Daily monitoring of arterial pressure in the obstetric clinic has high diagnostic and prognostic significance. Based on the results of the applied arterial pressure monitoring in the miscarriage clinic, the following conclusion can be made:
- Daily monitoring of blood pressure in pregnant women allows for a much more informative identification and assessment of the severity of arterial hypotension and hypertension than with episodic measurements.
- Almost half of patients with miscarriage (45%) experience hypotension not only in the early stages, but also throughout the entire pregnancy.
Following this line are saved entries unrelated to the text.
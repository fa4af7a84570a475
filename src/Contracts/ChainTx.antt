-- ===== src/Contracts/ChainTx.antt =====
-- contracts/chain.go: what an update of the chain reports, and what it needs of the transaction of the
-- store (`UpdateTx`), with what each operation that succeeds does to what is stored. File contracts
-- and state elements are only passed on and are numbers.
use indexd.Base.{
  ℕ, ◌≡◌, Bool, true, false, Option, none, some, List, [], ◌∷◌, contains, ◌==◌, if◌then◌else◌,
}
use indexd.Base.Outcome.{Outcome, ok}
use indexd.Contracts.Contract.{ContractState}

-- `types.V2FileContractElement`
pub record Element : Type 0 where
  pub id : ℕ
  pub contract : ℕ
  pub state_element : ℕ

pub data Resolution : Type 0 where
  renewal storage_proof expiration : Resolution

-- `consensus.V2FileContractElementDiff`: `revision_element` is the result of `V2RevisionElement()`.
pub record Diff : Type 0 where
  pub element : Element
  pub created : Bool
  pub resolution : Option Resolution
  pub revision_element : Option Element

-- `chain.ApplyUpdate` and `chain.RevertUpdate`: `update_proof` is `UpdateElementProof`.
pub record ChainUpdate : Type 0 where
  pub diffs : List Diff
  pub update_proof : ℕ → ℕ

-- What the code changes in the row of a contract.
pub record Row : Type 0 where
  pub state : ContractState
  pub renewed_to : Option ℕ

abbrev pub is_some : {A : Type 0} → Option A → Bool
is_some none = false
is_some (some a) = true

abbrev pub at_key : {A : Type 0} → (A → A) → Option A → Option A
at_key f none = none
at_key f (some a) = some (f a)

-- The elements of a contract that a list leaves, the last one winning.
abbrev pub latest : List Element → ℕ → Option Element → Option Element
latest [] k e = e
latest (x ∷ xs) k e = latest xs k (if k == x.id then some x else e)

-- A renewal that is not in the store is not recorded.
abbrev pub renewed_row : (ℕ → Bool) → Option ℕ → Row → Row
renewed_row known none row = record row { renewed_to = none }
renewed_row known (some r) row = if known r then record row { renewed_to = some r } else row

-- The revision that a diff shows, or the element itself.
abbrev pub newest : Option Element → Element → Element
newest none e = e
newest (some rev) e = rev

abbrev pub prove : (ℕ → ℕ) → Element → Element
prove update_proof e = record e { state_element = update_proof e.state_element }

-- The operations, what is stored, and what each operation that succeeds does to it.
pub record UpdateTx (S Err : Type 0) : Type 0 where
  pub contract_elements : S → Outcome Err (List Element)
  pub is_known_contract : S → ℕ → Outcome Err Bool
  pub delete_contract_elements : List ℕ → S → Outcome Err S
  pub update_contract_elements : List Element → S → Outcome Err S
  pub update_contract_state : ℕ → ContractState → S → Outcome Err S
  pub update_contract_renewed_to : ℕ → Option ℕ → S → Outcome Err S
  pub row_of : S → ℕ → Option Row
  pub element_of : S → ℕ → Option Element
  pub listed :
      (s : S) (es : List Element)
      → contract_elements s ≡ ok es
      → (k : ℕ) → latest es k none ≡ element_of s k
  pub known :
      (s : S) (id : ℕ) (b : Bool) → is_known_contract s id ≡ ok b → b ≡ is_some (row_of s id)
  pub deleted :
      (ids : List ℕ) (s t : S)
      → delete_contract_elements ids s ≡ ok t
      → (k : ℕ)
      → (row_of t k ≡ row_of s k)
        × (element_of t k ≡ (if contains ids k then none else element_of s k))
  pub written :
      (es : List Element) (s t : S)
      → update_contract_elements es s ≡ ok t
      → (k : ℕ) → (row_of t k ≡ row_of s k) × (element_of t k ≡ latest es k (element_of s k))
  pub state_updated :
      (id : ℕ) (state : ContractState) (s t : S)
      → update_contract_state id state s ≡ ok t
      → (k : ℕ)
      → (row_of t k ≡ (
          if k == id
          then at_key (λ row. record row { state = state }) (row_of s k)
          else row_of s k))
        × (element_of t k ≡ element_of s k)
  pub renewed_to_updated :
      (id : ℕ) (renewed_to : Option ℕ) (s t : S)
      → update_contract_renewed_to id renewed_to s ≡ ok t
      → (k : ℕ)
      → (row_of t k ≡ (
          if k == id
          then at_key (renewed_row (λ r. is_some (row_of s r)) renewed_to) (row_of s k)
          else row_of s k))
        × (element_of t k ≡ element_of s k)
- Despite the fact that the problem of hypotension as a pathological condition has been discussed in the world literature recently and there is no clear final opinion regarding its nature, the adverse effect of hypotension on the course of pregnancy and the condition of the fetus is obvious. We have identified a close relationship between hypotension and the presence of placental insufficiency in patients with a history of miscarriage, and in the presence of severe hypotension, more severe fetal suffering is noted, confirmed by objective methods of functional diagnostics.
- All pregnant women experience a “white coat effect” that masks the true level of blood pressure, leading to an erroneous diagnosis of hypertension and to unjustified hypotensive therapy, which further worsens the condition of the patient and fetus.
- Repeated daily monitoring of blood pressure during pregnancy will allow timely detection of not only the initial signs of changes in blood pressure in patients, but also improve the quality of diagnostics of placental insufficiency and intrauterine fetal distress.
- Further study of the course of pregnancy, the condition of the patient and the fetus using this method will allow a deeper approach to the issues of pathogenesis of arterial hypertension, hypotension during pregnancy, placental insufficiency. Daily monitoring of arterial pressure during pregnancy has not only diagnostic and prognostic, but also therapeutic significance, since it allows determining individual treatment tactics, its effectiveness, thereby reducing the frequency of pregnancy complications and improving the outcome of labor for the fetus.